# [What is expected]
Copy out, from the entries below, each line holding the string "cached".

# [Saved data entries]
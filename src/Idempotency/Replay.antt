-- ===== src/Idempotency/Replay.antt =====
-- A request that is sent again under its key (core/idempotency.py): the stored response or a
-- conflict, for each endpoint that completes its own record where it returns.
use mock_sim.Base.{
  ℕ, suc, ◌≡◌, refl, sym, ap, ◌∙◌, inl, inr, true, Option, none, some, List, [], ◌∷◌, ◌++◌, Text,
  text_eq, text_eq_refl, text_eq_iff, first, update_where, delete_where, false, ◌&&◌, Bool-cases,
}
use mathlib.Core.List.{append-nil}
use mock_sim.Errors.{idempotency_conflict, conflict}
use mock_sim.Models.{IdempotencyRecord, EndpointClass, ResponseBody}
use mock_sim.Session.{Env, Db, Session, Result, ok, err, visible, flush, transaction, ◌>>=◌}
use mock_sim.Session.Rules.{transaction-ok, flush-flush}
use mock_sim.Idempotency.{
  expiry, is_non_money, has_come, is_prunable, prune_idempotency_records, is_record, body_hash,
  new_record, start_or_check, get_or_start, is_complete, completed,
}
use mock_sim.Idempotency.Lookup.{
  first-append, first-delete_where, first-completed, new_record-is_record,
}
use mock_sim.Idempotency.Endpoint.{answer, handle, endpoint}

-- What a first request leaves in the store: its own record, completed with its response.
pub record Stores {A : Type 0} (env : Env) (tenant : ℕ) (key : Text)
    (read : Option ResponseBody → Result A) (resp : A) (d s : Db) : Type 0 where
  pub code : ℕ
  pub body : ResponseBody
  pub readable : read (some body) ≡ ok resp
  pub stored :
      s.idempotency
      ≡ update_where (is_record env tenant key) (completed code body) (d.idempotency ++ d.unflushed)
  pub flushed : s.unflushed ≡ []

module _ {A : Type 0} (read : Option ResponseBody → Result A) (endpoint_class : EndpointClass)
    (tenant : ℕ) (key dumped : Text) where
  -- A stored record answers the request.
  pub record Answers (env : Env) (resp : A) (r : IdempotencyRecord) : Type 0 where
    pub same_body : text_eq r.body_hash (body_hash env dumped) ≡ true
    pub done : is_complete r.status ≡ true
    pub stored : read r.response_body ≡ ok resp

  -- The record of a request that was sent for the first time.
  abbrev IsNew : Env → IdempotencyRecord → Type 0
  IsNew env r =
      (r.endpoint_class ≡ endpoint_class) × (r.expires_at ≡ expiry endpoint_class env.wall)

  under_tenant :
      (env : Env) (start : ℕ → Session A)
      → env.tenant ≡ some tenant
      → (s : Db)
      → endpoint env key dumped endpoint_class read start s
        ≡ transaction (handle env key dumped endpoint_class read start (some tenant)) s
  unfolding endpoint
  under_tenant env start at s =
      ap (λ o. transaction (handle env key dumped endpoint_class read start o) s) at

  replayed :
      (env : Env) (start : ℕ → Session A)
      → env.tenant ≡ some tenant
      → (resp : A) (r : IdempotencyRecord) (s : Db)
      → first (is_record env tenant key) s.idempotency ≡ some r
      → Answers env resp r
      → endpoint env key dumped endpoint_class read start s ≡ (ok resp, flush s)
  replayed env start at resp r s found a = under_tenant env start at s ∙ stored_run
    where
      stored_run :
          transaction (handle env key dumped endpoint_class read start (some tenant)) s
          ≡ (ok resp, flush s)
      stored_run =
          unfold handle in
          unfold get_or_start in
          unfold start_or_check in unfold answer in rw (found, a.same_body, a.done, a.stored)

  module _ (env : Env) (start : ℕ → Session A) (at : env.tenant ≡ some tenant)
      (stores : (resp : A) (d s : Db)
        → start tenant d ≡ (ok resp, s)
        → Stores env tenant key read resp d s) where
    -- What a first run has left: a record that answers, its own or the one that was there.
    first_run :
        (resp : A) (d s : Db) (existing : Option IdempotencyRecord)
        → first (is_record env tenant key) d.idempotency ≡ existing
        → d.unflushed ≡ []
        → (start_or_check env tenant key (body_hash env dumped) endpoint_class existing
              >>= answer read (start tenant))
            d
          ≡ (ok resp, s)
        → (r : IdempotencyRecord) × (first (is_record env tenant key) (flush s).idempotency
            ≡ some r)
          × Answers env resp r
          × (existing ≡ none → IsNew env r)
    unfolding start_or_check answer
    first_run resp d s (some r) found clean h =
        elim (Bool-cases (text_eq r.body_hash (body_hash env dumped))) [
          | inr other ↦ cc (rw other at h)
          | inl same ↦ elim (Bool-cases (is_complete r.status)) [
            | inr running ↦ cc (rw (same, running) at h)
            | inl done ↦
                let cached : (read r.response_body, d) ≡ (ok resp, s) = rw (same, done) at h in
                let is_d : s ≡ d = ap (λ p. p.1) (sym cached) in
                (
                  r,
                  rw (is_d, clean, append-nil d.idempotency) found,
                  record { same_body = same; done = done; stored = ap (λ p. p.0) cached },
                  λ e. cc e,
                )
          ]
        ]
    first_run resp d s none missing clean h =
        let record_of =
          new_record env (env.draw d.draws) tenant key (body_hash env dumped) endpoint_class in
        let st =
          stores resp (record d { unflushed = d.unflushed ++ record_of ∷ []; draws = suc d.draws })
            s h in
        let done = completed st.code st.body in
        let appended : first (is_record env tenant key) (d.idempotency ++ record_of ∷ [])
            ≡ some record_of =
          first-append (is_record env tenant key) d.idempotency record_of missing (
            new_record-is_record env tenant key at (env.draw d.draws) (body_hash env dumped)
              endpoint_class) in
        (
          done record_of,
          rw (st.flushed, append-nil s.idempotency, st.stored, clean)
              (first-completed (is_record env tenant key) done (d.idempotency ++ record_of ∷ [])
                record_of (λ x. unfold is_record in refl) appended),
          record {
            same_body = unfold new_record in text_eq_refl (body_hash env dumped);
            done = refl;
            stored = st.readable;
          },
          λ e. unfold new_record in (refl, refl),
        )

    -- The state after a first request that was answered, and the record in it that answers.
    first_state :
        (resp : A) (d : Db)
        → d.unflushed ≡ []
        → (endpoint env key dumped endpoint_class read start d).0 ≡ ok resp
        → (s : Db) × ((endpoint env key dumped endpoint_class read start d).1 ≡ flush s)
          × ((r : IdempotencyRecord) × (first (is_record env tenant key) (flush s).idempotency
                ≡ some r)
              × Answers env resp r
              × (first (is_record env tenant key) d.idempotency ≡ none → IsNew env r))
    first_state resp d clean first_response =
        let run = handle env key dumped endpoint_class read start (some tenant) in
        let began : (transaction run d).0 ≡ ok resp =
          ap (λ (p : Result A × Db). p.0) (sym (under_tenant env start at d)) ∙ first_response in
        let (s, ran, ended) = transaction-ok run d resp began in
        (
          s,
          ap (λ (p : Result A × Db). p.1) (under_tenant env start at d ∙ ended),
          first_run resp d s (first (is_record env tenant key) d.idempotency) refl clean
              (unfold handle in unfold get_or_start in ran),
        )

    module _ (env' : Env) (at' : env'.tenant ≡ some tenant) (same_sha : env'.sha256 ≡ env.sha256)
        (resp : A) (d : Db) (clean : d.unflushed ≡ [])
        (first_response : (endpoint env key dumped endpoint_class read start d).0 ≡ ok resp) where
      same_lookup :
          (rows : List IdempotencyRecord)
          → first (is_record env' tenant key) rows ≡ first (is_record env tenant key) rows
      unfolding is_record visible
      same_lookup rows = rw (at', at)

      pub endpoint-again :
          (start' : ℕ → Session A)
          → endpoint env' key dumped endpoint_class read start'
              (endpoint env key dumped endpoint_class read start d).1
            ≡ (ok resp, (endpoint env key dumped endpoint_class read start d).1)
      endpoint-again start' =
          let (s, is_s, (r, found, a, new)) = first_state resp d clean first_response in
          let same_body : text_eq r.body_hash (body_hash env' dumped) ≡ true =
            unfold body_hash in
            ap (λ (sha : Text → Text). text_eq r.body_hash (sha dumped)) same_sha ∙ a.same_body in
          rw is_s (
            replayed env' start' at' resp r (flush s) (same_lookup (flush s).idempotency ∙ found)
              (record { same_body = same_body; done = a.done; stored = a.stored })
            ∙ ap (λ (t : Db). (ok resp, t)) (flush-flush s))

      -- The same for a new key, after a pruning of the store that spares the new record.
      pub endpoint-again_pruned :
          (start' : ℕ → Session A) (pruner : Env)
          → first (is_record env tenant key) d.idempotency ≡ none
          → (is_non_money endpoint_class && has_come pruner.wall (expiry endpoint_class env.wall))
            ≡ false
          → let s =
              (prune_idempotency_records pruner
                (endpoint env key dumped endpoint_class read start d).1).1 in
            endpoint env' key dumped endpoint_class read start' s ≡ (ok resp, s)
      unfolding prune_idempotency_records
      endpoint-again_pruned start' pruner fresh early =
          let (s, is_s, (r, found, a, new)) = first_state resp d clean first_response in
          let left = delete_where (is_prunable pruner.wall) (flush s).idempotency in
          let t : Db = flush (record (flush s) { idempotency = left }) in
          let (of_class, expires) = new fresh in
          let spared : is_prunable pruner.wall r ≡ false = rw (of_class, expires) early in
          let there : first (is_record env tenant key) t.idempotency ≡ some r =
            ap (λ rows. first (is_record env tenant key) rows) (append-nil left)
            ∙ first-delete_where (is_record env tenant key) (is_prunable pruner.wall)
                (flush s).idempotency r found spared in
          let same_body : text_eq r.body_hash (body_hash env' dumped) ≡ true =
            unfold body_hash in
            ap (λ (sha : Text → Text). text_eq r.body_hash (sha dumped)) same_sha ∙ a.same_body in
          rw is_s (
            replayed env' start' at' resp r t (same_lookup t.idempotency ∙ there)
              (record { same_body = same_body; done = a.done; stored = a.stored })
            ∙ ap (λ (u : Db). (ok resp, u)) (flush-flush (record (flush s) { idempotency = left })))

      refused :
          (start' : ℕ → Session A) (other : Text)
          → text_eq (env.sha256 dumped) (env.sha256 other) ≡ false
          → (s : Db) (r : IdempotencyRecord)
          → first (is_record env tenant key) (flush s).idempotency ≡ some r
          → Answers env resp r
          → transaction (handle env' key other endpoint_class read start' (some tenant)) (flush s)
            ≡ (err (conflict idempotency_conflict), flush s)
      refused start' other differs s r found a =
          let lookup = same_lookup (flush s).idempotency ∙ found in
          let hash : r.body_hash ≡ body_hash env dumped =
            (text_eq_iff r.body_hash (body_hash env dumped)).0 a.same_body in
          let mismatch : text_eq r.body_hash (body_hash env' other) ≡ false =
            ap (λ h. text_eq h (body_hash env' other)) hash
            ∙ (unfold body_hash in
                ap (λ (sha : Text → Text). text_eq (env.sha256 dumped) (sha other)) same_sha
                ∙ differs) in
          unfold handle in unfold get_or_start in unfold start_or_check in rw (lookup, mismatch)

      pub endpoint-conflict :
          (start' : ℕ → Session A) (other : Text)
          → text_eq (env.sha256 dumped) (env.sha256 other) ≡ false
          → endpoint env' key other endpoint_class read start'
              (endpoint env key dumped endpoint_class read start d).1
            ≡ (
              err (conflict idempotency_conflict),
              (endpoint env key dumped endpoint_class read start d).1,
            )
      unfolding endpoint
      endpoint-conflict start' other differs =
          let (s, is_s, (r, found, a, new)) = first_state resp d clean first_response in
          rw is_s (
            ap (λ o. transaction (handle env' key other endpoint_class read start' o) (flush s)) at'
            ∙ refused start' other differs s r found a)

# [Exercise solution]
                let cached : (read r.response_body, d) ≡ (ok resp, s) = rw (same, done) at h in
                let is_d : s ≡ d = ap (λ p. p.1) (sym cached) in
                  record { same_body = same; done = done; stored = ap (λ p. p.0) cached },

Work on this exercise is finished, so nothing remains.